THE BRITISH GOVERNMENT IS PLANNING ANOTHER OF ITS THINK-OF-THE-CHILDREN LAWS, this time about regulating social media to protect people from cyberbullying and exploitation. “I don’t want the trolls to win,” said digital minister Matt Hancock, adding that he wanted legislation to tackle “both legal and illegal harms”. Surely if it’s already illegal (which online harassment is in the UK) then it doesn’t require new legislation, and if it’s legal, then new legislation will make it no longer so? I’m confused. But at least the government is doing something, or at least promising to do something, about something.
If you’d like me to write articles for you about digital rights issues, speak at your event or provide privacy advice for your business, drop me an email at email@example.com.
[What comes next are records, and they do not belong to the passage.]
-- ===== src/LinkedList/EntryAt.antt =====
-- The loop over the versions in `range_query` of Uruv/LF_LL.h, run alone, and the entry of one node.
use uruv.Common.{
  ℕ, zero, suc, ◌<◌, ◌≡◌, ◌≢◌, refl, ap, ◌∙◌, arith, Option, none, some, true, false, inl, inr, leb,
  ◌==◌, ≢→==, Bool-cases, if◌then◌else◌, List, [], ◌∷◌, length,
}
use uruv.Machine.{Prog, ret, ◌>>=◌, Returns, Returns-bind}
use uruv.Tracker.{is_node}
use uruv.Store.{tombstone, Store, is_object, is_object-parts, load_value, load_key}
use uruv.LinkedList.Walks.{version_at, is_newer, entry_at}
use uruv.LinkedList.Stamps.{latest, stamp, Timed, Stamped, Timed-trans, init_ts-Returns}
use uruv.LinkedList.Kept.{History-is_object}
use uruv.LinkedList.Snapshot.{History, value_at, newest, entry}

-- A timestamp that is set.
stamp-some : (now : ℕ) (o : Option ℕ) → o ≢ none → o ≡ some (stamp now o)
stamp-some now none set = absurd (set refl)
stamp-some now (some t) set = refl

pub not_null : (s : Store) (a : ℕ) → is_object a s ≡ true → (a == 0) ≡ false
not_null s a ok = ≢→== a 0 (λ e. absurd (let parts = is_object-parts a s ok in omega arith))

-- The loop found a version with that value, or none.
abbrev Version : Store → Option ℕ → ℕ → Type 0
Version s none v = v ≡ 0
Version s (some value) v = (is_object v s ≡ true) × (s.value v ≡ value)

module _ (s : Store) (f : ℕ → Option ℕ) (ts : ℕ) (timed : Timed (latest s) s.ts f) where
  abbrev t : Store
  t = record s { ts = f }

  -- The test of the loop.
  newer :
      (v : ℕ)
      → f v ≢ none
      → is_newer (f v) ts ≡ (if leb (stamp (latest s) (s.ts v)) ts then false else true)
  unfolding is_newer
  newer v set =
      let known : f v ≡ some (stamp (latest s) (s.ts v)) =
        stamp-some (latest s) (f v) set ∙ ap some (timed v).0 in
      rw known (ground arith)

  version_at-Returns :
      (older : List ℕ) (fuel v : ℕ)
      → History s v older
      → f v ≢ none
      → suc (length older) < fuel
      → Returns (version_at fuel ts v) (λ r u. (u ≡ t) × Version s (value_at s ts v older) r) t
  unfolding version_at
  version_at-Returns older zero v history set enough = absurd (omega arith)
  version_at-Returns [] (suc zero) v history set enough = absurd (omega arith)
  version_at-Returns [] (suc (suc fuel)) v (ok, next) set enough = rw (not_null s v ok) (
    t,
    rw ok refl,
    rw (newer v set) (elim (Bool-cases (leb (stamp (latest s) (s.ts v)) ts)) [
      | inl old ↦ rw old (refl, (ok, refl))
      | inr new ↦ rw new (t, rw ok refl, rw next (refl, refl))
    ]),
  )
  version_at-Returns (w ∷ older) (suc fuel) v (ok, next, set_w, history) set enough =
      rw (not_null s v ok) (
        t,
        rw ok refl,
        rw (newer v set) (elim (Bool-cases (leb (stamp (latest s) (s.ts v)) ts)) [
          | inl old ↦ rw old (refl, (ok, refl))
          | inr new ↦ rw new (
            t,
            rw ok refl,
            rw next (version_at-Returns older fuel w history ((timed w).1 set_w) (omega arith)),
          )
        ]),
      )

-- `t` is `s` up to timestamps.
abbrev pub Timely : Store → Store → Type 0
Timely s t = (f : ℕ → Option ℕ) × (t ≡ record s { ts = f }) × Timed (latest s) s.ts f

module _ (s : Store) (older : ℕ → List ℕ) (ts : ℕ)
    (clock : is_node s.version_tracker.tail s.version_tracker ≡ true) where
  abbrev pub value : ℕ → Option ℕ
  value b = value_at s ts (newest s b) (older b)

  abbrev pub Entry : ℕ → List (ℕ × ℕ) → Store → Type 0
  Entry b res t = (res ≡ entry (s.key b) (value b)) × Timely s t

  -- What follows the loop.
  abbrev push : (b version : ℕ) → Prog Store (List (ℕ × ℕ))
  push b version = do
    val ← load_value version
    k ← load_key b
    ret (if val == tombstone then [] else (k, val) ∷ [])

  pushed :
      (b : ℕ) (g : ℕ → Option ℕ) (r : ℕ) (x : Option ℕ)
      → Timed (latest s) s.ts g
      → is_object b s ≡ true
      → Version s x r
      → value b ≡ x
      → Returns (if r == 0 then ret [] else push b r) (Entry b) (record s { ts = g })
  pushed b g r none timed ok null is = rw (null, is) (refl, (g, refl, timed))
  pushed b g r (some x) timed ok (ok_r, e) is = rw (not_null s r ok_r) (
    record s { ts = g },
    rw ok_r refl,
    (record s { ts = g }, rw ok refl, (rw (e, is) refl, (g, refl, timed))),
  )

  -- With fuel for one step more than the node has versions, `entry_at` ends and gives the entry of the
  -- value at the timestamp; it changes timestamps only.
  pub entry_at-Returns :
      (fuel b : ℕ) (f : ℕ → Option ℕ)
      → Timed (latest s) s.ts f
      → is_object b s ≡ true
      → History s (newest s b) (older b)
      → suc (length (older b)) < fuel
      → Returns (entry_at fuel ts b) (Entry b) (record s { ts = f })
  unfolding entry_at
  entry_at-Returns fuel b f timed ok history enough =
      let ok_v = History-is_object s (newest s b) (older b) history in
      (
        record s { ts = f },
        rw ok refl,
        Returns-bind _ _ (λ _ t. Stamped (newest s b) (record s { ts = f }) t) (Entry b)
            (record s { ts = f }) (init_ts-Returns (record s { ts = f }) (newest s b) ok_v clock)
            (λ _ t (g, e, timed', set).
              let timed₂ = Timed-trans (latest s) s.ts f g timed timed' in
              rw e (
                Returns-bind _ _ (λ r u. (u ≡ record s { ts = g }) × Version s (value b) r)
                  (Entry b) (record s { ts = g })
                  (version_at-Returns s g ts timed₂ (older b) fuel (newest s b) history set enough)
                  (λ r u (same, found). rw same (pushed b g r (value b) timed₂ ok found refl)))),
      )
SWEDEN HAS A FAMOUSLY OPEN SOCIETY, creating an interesting tension with the GDPR. As detailed in one of my latest pieces for the International Association of Privacy Professionals, some companies there are able to get a “publisher’s licence” that effectively exempts them from being covered by the data protection regulation, making it impossible for people whose information is stored by these firms to have it amended or deleted.
The Swedish data protection authority is naturally not happy about the situation, but says its hands are tied, even when it comes to the much-complained-about Truecaller reverse-lookup app, which is based in Sweden.
I ALSO WROTE ABOUT ONE OF THE REASONS why certain EU member states don’t have their GDPR implementation acts ready for Friday: elections. When polling time comes, legislation gets put on hold and, let’s face it, few parties campaign on a data protection platform. Of course, that’s not much of an excuse – member states have after all had two years to get their ducks in a row.